Booth Id:
MA047
Category:
Materials Science
Year:
2014
Finalist Names:
Cho, Min Jean
Abstract:
To develop an easy, simple method for identifying microorganisms based on their DNA sequences, Bayes’ theorem was applied to DNA sequence analysis. It was hypothesized that the conditional probability of a DNA sequence from an unknown bacterial species being a member of a particular species could be the posterior probability, which could be estimated from prior probability and likelihood function using Bayes' theorem. To test the hypothesis, 16S rRNA gene sequences of foodborne pathogens (eight bacterial species) were downloaded from NIH's GenBank (45 sequences from each bacterial species, 360 sequences in total) to construct a database.
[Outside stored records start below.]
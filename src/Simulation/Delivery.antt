-- ===== src/Simulation/Delivery.antt =====
-- What the simulated cluster of crates/raftcore/src/lib.rs does with messages.
use ferris_ferry.Prelude.{
  eq-of_==, ℕ, zero, suc, ◌≡◌, refl, sym, ap, ◌∙◌, subst, inl, inr, List, [], ◌∷◌, true, false, ltb,
  ◌==◌, Bool-cases, All, All-append, length, take, drop, ok, >>=-eq-ok, ok-injective, lookup,
  lookup-insert, contains, arith,
}
use ferris_ferry.Types.{
  NodeId, Action, send_message, apply_to_state_machine, persist_metadata, persist_log_entries,
  send_install_snapshot, read_barrier_ready,
}
use ferris_ferry.Core.State.{Rng, RaftCore}
use ferris_ferry.Core.Node.{receive}
use ferris_ferry.Simulation.{
  Envelope, TestCluster, Results, node, set_node, messages, collect_actions, deliver_message,
  deliver_one, deliver_each, deliver_all,
}

-- No message of the queue is from the node.
abbrev pub NoneFrom : NodeId → List Envelope → Type 0
NoneFrom id = All (λ e. (e.sender == id) ≡ false)

-- A node that is cut off: it stays as it is, it stays cut off, and the queue has no message from it.
pub record Isolated (id : NodeId) (c c' : TestCluster) : Type 0 where
  pub unchanged : lookup id c'.nodes ≡ lookup id c.nodes
  pub still : c'.partitioned ≡ c.partitioned
  pub silent : NoneFrom id c'.pending_messages

messages-NoneFrom :
    (id from : NodeId) (actions : List Action)
    → (from == id) ≡ false
    → NoneFrom id (messages from actions)
unfolding messages
messages-NoneFrom id from [] h = tt
messages-NoneFrom id from (send_message target message ∷ rest) h =
    (h, messages-NoneFrom id from rest h)
messages-NoneFrom id from (apply_to_state_machine index command ∷ rest) h =
    messages-NoneFrom id from rest h
messages-NoneFrom id from (persist_metadata term vote ∷ rest) h = messages-NoneFrom id from rest h
messages-NoneFrom id from (persist_log_entries index entries ∷ rest) h =
    messages-NoneFrom id from rest h
messages-NoneFrom id from (send_install_snapshot peer term index index_term ∷ rest) h =
    messages-NoneFrom id from rest h
messages-NoneFrom id from (read_barrier_ready barrier ∷ rest) h = messages-NoneFrom id from rest h
messages-NoneFrom id from (Action.install_snapshot index index_term payload ∷ rest) h =
    messages-NoneFrom id from rest h

collect_actions-Isolated :
    (id from : NodeId) (c : TestCluster) (n : RaftCore) (actions : List Action)
    → contains id c.partitioned ≡ true
    → contains from c.partitioned ≡ false
    → (from == id) ≡ false
    → NoneFrom id c.pending_messages
    → Isolated id c (collect_actions (set_node c from n) from actions).0
unfolding collect_actions
collect_actions-Isolated id from c n actions cut free other silent = rw free (record {
  unchanged = ground (arith, other, lookup-insert from id n c.nodes);
  still = refl;
  silent =
      All-append (λ (e : Envelope). (e.sender == id) ≡ false) c.pending_messages
        (messages from actions) silent (messages-NoneFrom id from actions other);
})

deliver_message-Isolated :
    (id : NodeId) (rng : Rng) (e : Envelope) (c : TestCluster) (r : TestCluster × List Action)
    → contains id c.partitioned ≡ true
    → contains e.recipient c.partitioned ≡ false
    → (e.recipient == id) ≡ false
    → NoneFrom id c.pending_messages
    → deliver_message rng e c ≡ ok r
    → Isolated id c r.0
unfolding deliver_message
deliver_message-Isolated id rng e c r cut on other silent h =
    let (receiver, p, q) = >>=-eq-ok (node c e.recipient) _ h in
    let (s, p', q') = >>=-eq-ok (receive rng receiver e.message) _ q in
    subst (λ (x : TestCluster × List Action). Isolated id c x.0) (ok-injective q')
      (collect_actions-Isolated id e.recipient c s.0 s.1 cut on other silent)

deliver_one-Isolated :
    (id : NodeId) (rng : Rng) (e : Envelope) (c : TestCluster) (results : Results)
    (r : TestCluster × Results)
    → contains id c.partitioned ≡ true
    → NoneFrom id c.pending_messages
    → deliver_one rng e c results ≡ ok r
    → Isolated id c r.0
unfolding deliver_one
deliver_one-Isolated id rng e c results r cut silent h =
    elim (Bool-cases (contains e.recipient c.partitioned)) [
      | inl off ↦
          subst (λ (x : TestCluster × Results). Isolated id c x.0) (ok-injective (rw off at h))
            (record { unchanged = refl; still = refl; silent = silent })
      | inr on ↦
          (let (d, p, q) = >>=-eq-ok (deliver_message rng e c) _ (rw on at h) in
            subst (λ (x : TestCluster × Results). Isolated id c x.0) (ok-injective q)
              (deliver_message-Isolated id rng e c d cut on (elsewhere on) silent p))
    ]
  where
    elsewhere : contains e.recipient c.partitioned ≡ false → (e.recipient == id) ≡ false
    elsewhere on = elim (Bool-cases (e.recipient == id)) [
      | inl same ↦ absurd (
          both
            (subst (λ (x : ℕ). contains x c.partitioned ≡ true) (sym (eq-of_== e.recipient id same))
              cut)
            on)
      | inr other ↦ other
    ]
      where
        both :
            contains e.recipient c.partitioned ≡ true
            → contains e.recipient c.partitioned ≡ false
            → ⊥
        both x y = cc

deliver_each-Isolated :
    (id : NodeId) (rngs : ℕ → Rng) (es : List Envelope) (c : TestCluster) (results : Results)
    (r : TestCluster × Results)
    → contains id c.partitioned ≡ true
    → NoneFrom id c.pending_messages
    → deliver_each rngs es c results ≡ ok r
    → Isolated id c r.0
unfolding deliver_each
deliver_each-Isolated id rngs [] c results r cut silent h =
    subst (λ (x : TestCluster × Results). Isolated id c x.0) (ok-injective h)
      (record { unchanged = refl; still = refl; silent = silent })
deliver_each-Isolated id rngs (e ∷ es) c results r cut silent h =
    let (d, p, q) = >>=-eq-ok (deliver_one (rngs 0) e c results) _ h in
    let first = deliver_one-Isolated id (rngs 0) e c results d cut silent p in
    let rest =
      deliver_each-Isolated id (λ n. rngs (suc n)) es d.0 d.1 r (ap (contains id) first.still ∙ cut)
        first.silent q in
    record {
      unchanged = rest.unchanged ∙ first.unchanged;
      still = rest.still ∙ first.still;
      silent = rest.silent;
    }

NoneFrom-drop : (id n : ℕ) (es : List Envelope) → NoneFrom id es → NoneFrom id (drop n es)
NoneFrom-drop id zero es h = h
NoneFrom-drop id (suc n) [] h = tt
NoneFrom-drop id (suc n) (e ∷ es) h = NoneFrom-drop id n es h.1

-- While a node is cut off and has no message under way, a delivery of all messages leaves it as it is, and no
-- message from it is under way afterwards, however many messages there are.
pub deliver_all-Isolated :
    (id : NodeId) (rngs : ℕ → Rng) (c c' : TestCluster) (results : Results)
    → contains id c.partitioned ≡ true
    → NoneFrom id c.pending_messages
    → deliver_all rngs c ≡ ok (c', results)
    → Isolated id c c'
unfolding deliver_all
deliver_all-Isolated id rngs c c' results cut silent h =
    elim (Bool-cases (ltb 50 (length c.pending_messages))) [
      | inl many ↦ again (drop 50 c.pending_messages) (
          deliver_each-Isolated id rngs (take 50 c.pending_messages)
            (record c { pending_messages = drop 50 c.pending_messages }) [] (c', results) cut
            (NoneFrom-drop id 50 c.pending_messages silent) (rw many at h))
      | inr few ↦ again [] (
          deliver_each-Isolated id rngs c.pending_messages (record c { pending_messages = [] }) []
            (c', results) cut tt (rw few at h))
    ]
  where
    again :
        (queue : List Envelope)
        → Isolated id (record c { pending_messages = queue }) c'
        → Isolated id c c'
    again queue i = record { unchanged = i.unchanged; still = i.still; silent = i.silent }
Bayes' theorem was used to estimate the posterior probability of a bacterial specie "Si" given an unknown sequence "Q", P(Si|Q) = P(Q|Si)×P(Si)/P(Q). To determine the likelihood, P(Q|Si), the DNA sequence "Q" was divided into words (k-size DNA sequence fragments), and P(Q|Si) was measured from the average probability of observing the word j from species Si, P(wj|Si). The prior probability, P(Si), and P(Q) were calculated from the database sequences. The size of word (k) affected values of P(Q|Si) and P(Q). The optimum size of word (k) was determined to be 39 nucleotides. The overall performance of the developed method was evaluated by simulation tests using selected DNA sequences, and all tested sequences were correctly identified (accuracy, 100%). The developed method was considered to be especially useful to determine the taxonomy of bacteria. It may also be applied to human DNA sequences for forensic analysis.